***** DATA EXCERPTS *****

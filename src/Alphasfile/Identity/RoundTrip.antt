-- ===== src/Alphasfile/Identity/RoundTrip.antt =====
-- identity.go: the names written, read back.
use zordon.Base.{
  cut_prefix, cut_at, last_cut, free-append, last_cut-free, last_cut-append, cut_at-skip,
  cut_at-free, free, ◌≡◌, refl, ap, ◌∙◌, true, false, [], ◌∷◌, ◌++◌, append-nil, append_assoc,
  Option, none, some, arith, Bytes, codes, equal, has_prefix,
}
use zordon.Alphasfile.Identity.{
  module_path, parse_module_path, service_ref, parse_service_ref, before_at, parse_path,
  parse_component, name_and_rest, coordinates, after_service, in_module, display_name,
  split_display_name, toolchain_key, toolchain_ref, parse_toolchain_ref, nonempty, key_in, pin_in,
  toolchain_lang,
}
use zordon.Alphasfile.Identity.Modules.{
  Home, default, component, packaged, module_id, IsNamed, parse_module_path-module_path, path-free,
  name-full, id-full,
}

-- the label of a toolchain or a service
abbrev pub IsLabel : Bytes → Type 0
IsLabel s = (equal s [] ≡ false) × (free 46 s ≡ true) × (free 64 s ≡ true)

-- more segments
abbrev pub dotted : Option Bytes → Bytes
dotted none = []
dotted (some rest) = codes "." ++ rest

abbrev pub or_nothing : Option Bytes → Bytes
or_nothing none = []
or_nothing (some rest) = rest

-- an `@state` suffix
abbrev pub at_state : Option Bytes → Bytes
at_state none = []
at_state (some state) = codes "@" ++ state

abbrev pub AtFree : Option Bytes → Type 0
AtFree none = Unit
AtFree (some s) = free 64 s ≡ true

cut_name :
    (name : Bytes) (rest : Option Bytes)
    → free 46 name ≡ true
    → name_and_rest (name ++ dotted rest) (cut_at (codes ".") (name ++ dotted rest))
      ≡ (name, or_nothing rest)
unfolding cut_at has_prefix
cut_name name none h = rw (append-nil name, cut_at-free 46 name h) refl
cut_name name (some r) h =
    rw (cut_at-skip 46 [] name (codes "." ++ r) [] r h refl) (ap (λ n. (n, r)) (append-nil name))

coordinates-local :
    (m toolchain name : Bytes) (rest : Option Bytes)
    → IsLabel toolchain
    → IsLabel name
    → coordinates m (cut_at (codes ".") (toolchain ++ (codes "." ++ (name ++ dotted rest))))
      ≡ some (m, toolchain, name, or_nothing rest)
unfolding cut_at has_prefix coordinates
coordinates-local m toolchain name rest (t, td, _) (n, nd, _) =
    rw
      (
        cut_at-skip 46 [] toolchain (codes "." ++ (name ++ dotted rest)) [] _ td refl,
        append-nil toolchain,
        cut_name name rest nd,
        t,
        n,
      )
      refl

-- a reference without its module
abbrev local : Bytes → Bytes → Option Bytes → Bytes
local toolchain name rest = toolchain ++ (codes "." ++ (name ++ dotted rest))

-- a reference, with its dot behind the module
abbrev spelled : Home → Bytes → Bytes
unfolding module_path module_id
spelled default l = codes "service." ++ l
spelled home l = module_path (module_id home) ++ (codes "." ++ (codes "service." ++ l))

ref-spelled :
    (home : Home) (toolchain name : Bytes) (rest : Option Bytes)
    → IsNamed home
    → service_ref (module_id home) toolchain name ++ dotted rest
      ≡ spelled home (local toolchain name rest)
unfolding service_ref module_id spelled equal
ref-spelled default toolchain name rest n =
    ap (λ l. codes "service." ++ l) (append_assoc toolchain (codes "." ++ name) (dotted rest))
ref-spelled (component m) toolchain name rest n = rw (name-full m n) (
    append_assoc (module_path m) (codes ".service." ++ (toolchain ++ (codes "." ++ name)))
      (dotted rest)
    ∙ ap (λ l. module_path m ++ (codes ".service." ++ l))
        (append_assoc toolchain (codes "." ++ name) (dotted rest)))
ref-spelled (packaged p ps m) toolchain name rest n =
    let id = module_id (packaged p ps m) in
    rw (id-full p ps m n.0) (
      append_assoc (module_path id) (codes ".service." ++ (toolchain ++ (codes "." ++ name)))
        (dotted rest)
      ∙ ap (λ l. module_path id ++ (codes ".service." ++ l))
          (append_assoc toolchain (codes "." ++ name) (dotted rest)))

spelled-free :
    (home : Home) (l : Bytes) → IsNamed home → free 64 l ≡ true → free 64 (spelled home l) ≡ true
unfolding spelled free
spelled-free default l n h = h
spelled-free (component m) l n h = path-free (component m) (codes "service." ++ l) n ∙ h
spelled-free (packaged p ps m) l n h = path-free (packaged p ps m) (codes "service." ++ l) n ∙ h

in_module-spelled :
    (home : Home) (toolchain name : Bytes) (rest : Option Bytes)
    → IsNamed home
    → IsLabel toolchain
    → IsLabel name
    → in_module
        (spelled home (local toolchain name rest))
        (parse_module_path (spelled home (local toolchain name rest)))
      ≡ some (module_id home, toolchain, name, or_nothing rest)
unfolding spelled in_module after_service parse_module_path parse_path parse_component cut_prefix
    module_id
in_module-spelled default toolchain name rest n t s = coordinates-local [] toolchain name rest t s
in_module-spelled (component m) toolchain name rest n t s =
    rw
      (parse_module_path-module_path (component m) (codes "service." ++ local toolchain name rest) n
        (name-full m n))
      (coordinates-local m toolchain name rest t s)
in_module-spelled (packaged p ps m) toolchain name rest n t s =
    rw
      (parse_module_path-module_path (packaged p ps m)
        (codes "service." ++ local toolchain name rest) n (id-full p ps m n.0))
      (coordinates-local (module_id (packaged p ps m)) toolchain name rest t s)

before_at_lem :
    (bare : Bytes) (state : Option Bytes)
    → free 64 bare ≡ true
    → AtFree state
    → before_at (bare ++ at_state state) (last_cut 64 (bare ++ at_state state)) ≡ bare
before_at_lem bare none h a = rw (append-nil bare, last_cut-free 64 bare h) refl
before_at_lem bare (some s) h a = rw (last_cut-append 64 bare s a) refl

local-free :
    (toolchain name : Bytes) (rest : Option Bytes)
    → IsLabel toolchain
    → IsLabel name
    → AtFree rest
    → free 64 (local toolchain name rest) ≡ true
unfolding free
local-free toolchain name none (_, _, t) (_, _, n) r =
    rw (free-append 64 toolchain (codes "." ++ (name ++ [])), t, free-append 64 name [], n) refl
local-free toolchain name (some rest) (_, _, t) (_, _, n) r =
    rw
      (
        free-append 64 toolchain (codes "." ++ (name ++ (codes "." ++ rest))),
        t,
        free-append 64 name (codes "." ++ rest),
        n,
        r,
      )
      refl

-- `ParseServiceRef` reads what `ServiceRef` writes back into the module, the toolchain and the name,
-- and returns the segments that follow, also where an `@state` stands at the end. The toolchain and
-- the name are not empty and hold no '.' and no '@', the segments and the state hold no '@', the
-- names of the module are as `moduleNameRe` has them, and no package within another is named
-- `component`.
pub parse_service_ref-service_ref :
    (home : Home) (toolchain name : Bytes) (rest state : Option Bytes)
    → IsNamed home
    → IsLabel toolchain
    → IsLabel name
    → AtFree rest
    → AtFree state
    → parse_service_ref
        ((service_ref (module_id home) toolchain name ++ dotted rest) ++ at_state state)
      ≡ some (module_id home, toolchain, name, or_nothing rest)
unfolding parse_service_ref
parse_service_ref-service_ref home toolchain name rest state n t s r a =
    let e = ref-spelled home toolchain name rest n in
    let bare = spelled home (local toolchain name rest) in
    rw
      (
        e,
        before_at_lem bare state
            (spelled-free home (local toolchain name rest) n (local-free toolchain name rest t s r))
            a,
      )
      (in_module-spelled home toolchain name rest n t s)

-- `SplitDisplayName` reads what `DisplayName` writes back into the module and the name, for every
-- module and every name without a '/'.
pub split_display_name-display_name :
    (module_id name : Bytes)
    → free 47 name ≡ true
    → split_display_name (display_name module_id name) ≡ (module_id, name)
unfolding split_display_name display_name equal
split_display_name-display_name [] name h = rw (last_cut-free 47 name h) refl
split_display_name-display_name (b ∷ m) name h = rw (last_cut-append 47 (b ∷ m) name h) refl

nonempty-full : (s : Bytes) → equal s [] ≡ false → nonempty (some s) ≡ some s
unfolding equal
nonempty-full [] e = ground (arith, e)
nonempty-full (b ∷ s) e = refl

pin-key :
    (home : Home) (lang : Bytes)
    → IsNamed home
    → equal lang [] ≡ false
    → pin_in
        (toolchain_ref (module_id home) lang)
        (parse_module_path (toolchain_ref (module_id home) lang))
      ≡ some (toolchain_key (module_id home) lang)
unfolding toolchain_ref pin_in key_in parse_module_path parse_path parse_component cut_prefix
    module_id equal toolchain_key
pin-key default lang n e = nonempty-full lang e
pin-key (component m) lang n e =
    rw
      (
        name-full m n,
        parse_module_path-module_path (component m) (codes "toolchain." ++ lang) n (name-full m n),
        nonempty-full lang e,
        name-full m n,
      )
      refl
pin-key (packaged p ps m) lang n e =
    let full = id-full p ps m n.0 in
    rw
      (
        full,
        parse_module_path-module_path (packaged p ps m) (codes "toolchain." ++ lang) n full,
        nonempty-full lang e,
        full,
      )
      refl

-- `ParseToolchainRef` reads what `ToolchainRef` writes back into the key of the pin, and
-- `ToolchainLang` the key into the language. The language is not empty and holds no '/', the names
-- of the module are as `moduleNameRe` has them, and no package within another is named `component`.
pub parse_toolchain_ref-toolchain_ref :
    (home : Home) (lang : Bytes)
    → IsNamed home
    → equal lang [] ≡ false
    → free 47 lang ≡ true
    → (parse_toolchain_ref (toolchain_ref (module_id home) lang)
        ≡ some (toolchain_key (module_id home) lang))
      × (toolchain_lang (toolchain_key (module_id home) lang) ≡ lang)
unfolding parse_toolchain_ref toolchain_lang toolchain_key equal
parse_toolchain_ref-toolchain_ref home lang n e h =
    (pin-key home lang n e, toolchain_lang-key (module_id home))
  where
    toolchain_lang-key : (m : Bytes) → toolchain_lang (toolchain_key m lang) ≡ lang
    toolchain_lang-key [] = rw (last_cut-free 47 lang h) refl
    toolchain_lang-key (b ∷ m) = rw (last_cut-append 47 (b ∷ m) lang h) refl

*****

EXERCISE BRIEF:
Count every line of the entries that includes "default", and say the number alone.

FINISHED EXERCISE:
6